Um welches Paket geht es, bzw. durch welchen Mechanismus ist es maskiert (emerge "masked by:" Status)?

----------

## LinuxTom

In einem Fall geht es um "app-crypt/truecrypt/truecrypt-6.3a.ebuild". Da steht in der build drin:

KEYWORDS="~amd64 ~ppc ~x86"

Aber Du hast mich dann wohl mit Deiner Frage auf die richtige Idee gebracht. Ich muss dann das USE-Flag "amd64" (oder entsprechendes) demaskieren. Dann sollte es klappen. Ich hatte nicht an diesen Weg gedacht.   :Embarassed: 

Ich probiere es dann einfach mal aus.

----------

## Klaus Meier

~amd64 ist kein Use Flag. Bei dir steht in der make.conf entweder ACCEPT_KEYWORDS="~amd64" oder ACCEPT_KEYWORDS="amd64". Mit ersterem hast du ein testing System, mit dem anderen ein stable. Wenn du das änderst, dann baust du dein ganzes System neu.

----------

## LinuxTom

Und wie trage ich das dann in mein Profile ein, dass truecrypt installiert wird? Denn ein Unstable System will ich nicht haben. Bestimmte Pakete sind ok. Wie eben TrueCrypt.

----------

## Klaus Meier

Du trägst es nicht ins Profil ein sondern in die package.unmask.

----------

## LinuxTom

 *Klaus Meier wrote:*   

> Du trägst es nicht ins Profil ein sondern in die package.unmask.

 

Gibt es denn keinen anderen Weg? So dass ich das schon in meinem eigens erstellten Profil vordefinieren kann?

----------

## Klaus Meier

In den Profilen werden USE-Flags gesetzt und keine Pakete maskiert oder demaskiert.

----------

## Josef.95

 *Quote:*   

> Du trägst es nicht ins Profil ein sondern in die package.unmask.

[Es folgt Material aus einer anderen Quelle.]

-- ===== src/Gateway/Fallback.antt =====
-- backend/app/gateway/fallback.py: failure classes, and the deployments to try for each.
pub mod Targets
pub mod Classes
mod Tests
use agent_studio.Base.{
  ℕ, zero, suc, Bool, true, false, not, ◌&&◌, ◌||◌, Option, none, some, List, [], ◌∷◌, ◌++◌, leb,
  if◌then◌else◌,
}
use agent_studio.Base.Eq.{Eq, nat_eq, list_eq, pair_eq, list_beq, elem, any_of, append_new}
use agent_studio.Base.Text.{Text, codes, strip, lower, contains_any, split_once}
use agent_studio.Base.Sort.{sort_by}
use agent_studio.Gateway.Catalog.{Catalog, ModelSpec, list_all}
use agent_studio.Gateway.Chain.{FailureClass, general, content_policy, context_window}
use agent_studio.Gateway.Router.{Deployment, GatewayCfg, Request, tenant_fallback_candidates}

abbrev pub content_policy_markers : List Text
content_policy_markers =
    codes "content policy"
    ∷ codes "content_policy"
    ∷ codes "safety system"
    ∷ codes "refused"
    ∷ codes "refusal"
    ∷ codes "output blocked"
    ∷ codes "output_blocked"
    ∷ codes "inappropriate content"
    ∷ codes "filtered"
    ∷ codes "blocked by policy"
    ∷ codes "violates our policy"
    ∷ codes "responses_to_same"
    ∷ codes "moderation"
    ∷ codes "policy violation"
    ∷ []

abbrev pub context_window_markers : List Text
context_window_markers =
    codes "maximum context length"
    ∷ codes "context length exceeded"
    ∷ codes "context window"
    ∷ codes "prompt is too long"
    ∷ codes "input is too long"
    ∷ codes "context_length_exceeded"
    ∷ codes "maximum tokens"
    ∷ codes "token limit exceeded"
    ∷ codes "too many tokens"
    ∷ []

-- `classify_failure` of the text of an exception
unfoldable pub classify_failure : Text → FailureClass
classify_failure message =
    let text = lower message in
    if contains_any context_window_markers text
    then context_window
    else if contains_any content_policy_markers text
    then content_policy
    else general

abbrev is_context_window : FailureClass → Bool
is_context_window context_window = true
is_context_window _ = false

unfoldable pub is_overflow_failure : Text → Bool
unfolding classify_failure
is_overflow_failure message = is_context_window (classify_failure message)

-- `_FAMILY_CROSS_FALLBACK.get(provider, ())`
unfoldable pub cross_families : Text → List Text
cross_families p =
    if list_beq p (codes "openai")
    then codes "anthropic" ∷ codes "google" ∷ []
    else if list_beq p (codes "anthropic")
    then codes "openai" ∷ codes "google" ∷ []
    else if list_beq p (codes "google")
    then codes "openai" ∷ codes "anthropic" ∷ []
    else if list_beq p (codes "azure")
    then codes "openai" ∷ []
    else if list_beq p (codes "custom")
    then codes "openai" ∷ []
    else []

pub record FallbackChain : Type 0 where
  pub request : Request
  pub candidates : List Deployment
  pub cfg : GatewayCfg
  pub catalog : Catalog

-- The candidates of one provider that are not in `result`, appended.
add_candidates : Text → List Deployment → List Deployment → List Deployment
unfolding append_new
add_candidates p [] result = result
add_candidates p (c ∷ cs) result =
    add_candidates p cs (if list_beq c.0 p then append_new result c else result)

-- A tenant entry of the provider, as the code splits it here.
entry_at : Text → Option (Text × Text) → Option Deployment
unfolding strip lower
entry_at p none = none
entry_at p (some (a, m)) =
    if list_beq (lower (strip a)) p then some (lower (strip a), strip m) else none

entry_of : Text → Text → Option Deployment
unfolding split_once entry_at
entry_of p entry = entry_at p (split_once b':' entry)

add_entry : Option Deployment → List Deployment → List Deployment
unfolding append_new
add_entry none result = result
add_entry (some d) result = append_new result d

add_entries : Text → List Text → List Deployment → List Deployment
unfolding entry_of add_entry
add_entries p [] result = result
add_entries p (t ∷ ts) result = add_entries p ts (add_entry (entry_of p t) result)

-- One round of the loop over the families.
add_family : FallbackChain → Text → List Deployment → List Deployment
unfolding add_candidates add_entries tenant_fallback_candidates any_of
add_family f p result =
    let found = add_candidates p f.candidates result in
    if any_of (λ (c : Deployment). list_beq c.0 p) found
    then found
    else add_entries p (tenant_fallback_candidates f.cfg) found

add_families : FallbackChain → List Text → List Deployment → List Deployment
unfolding add_family
add_families f [] result = result
add_families f (p ∷ ps) result = add_families f ps (add_family f p result)

-- `_cross_family`
unfoldable pub cross_family : FallbackChain → List Deployment
unfolding add_families cross_families
cross_family f = add_families f (cross_families f.request.provider) []

-- The loop over the candidates of the specs: the first `left` that are neither seen nor taken.
take_new {ℓ} : {A : Type ℓ} ⦃e : Eq A⦄ → ℕ → List A → List A → List A → List A
unfolding elem
take_new zero seen cs result = result
take_new (suc left) seen [] result = result
take_new (suc left) seen (c ∷ cs) result =
    let skip = take_new (suc left) seen cs result in
    let more = take_new left seen cs (result ++ (c ∷ [])) in
    if elem c seen || elem c result then skip else more

spec_deployments : List ModelSpec → List Deployment
spec_deployments [] = []
spec_deployments (s ∷ ss) = (s.provider, s.model) ∷ spec_deployments ss

-- `_large_window`
unfoldable pub large_window : FallbackChain → List Deployment
unfolding take_new list_all sort_by spec_deployments
large_window f =
    take_new 2 f.candidates
      (spec_deployments
        (sort_by (λ s t. leb t.context_window s.context_window) (list_all f.catalog)))
      []

-- `if candidate not in ordered: ordered.append(candidate)`
pub dedupe_onto : List Deployment → List Deployment → List Deployment
unfolding append_new
dedupe_onto ordered [] = ordered
dedupe_onto ordered (c ∷ cs) = dedupe_onto (append_new ordered c) cs

pub tail_at : FallbackChain → FailureClass → List Deployment
unfolding cross_family large_window
tail_at f general = []
tail_at f content_policy = if f.cfg.cross_family_fallback then cross_family f else []
tail_at f context_window = large_window f

-- `targets`
unfoldable pub targets : FallbackChain → FailureClass → List Deployment
unfolding dedupe_onto tail_at
targets f c = dedupe_onto [] f.candidates ++ tail_at f c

 Sorry, aber das ist so nicht ganz richtig...

Ein Paket welches laut ebuild  masked by ~arch keyword maskiert ist wird normal in der package.keywords demaskiert. In der package.unmask hat das nichts zu suchen.

Und Pakete können sehr wohl schon im Profil maskiert sein, oder werden. Zb wenn ein amd64 no-multilib Profil verwendet wird, dann sind idR alle Pakete die die eben doch 32bit libs benötigen würden schon vom Profil her maskiert.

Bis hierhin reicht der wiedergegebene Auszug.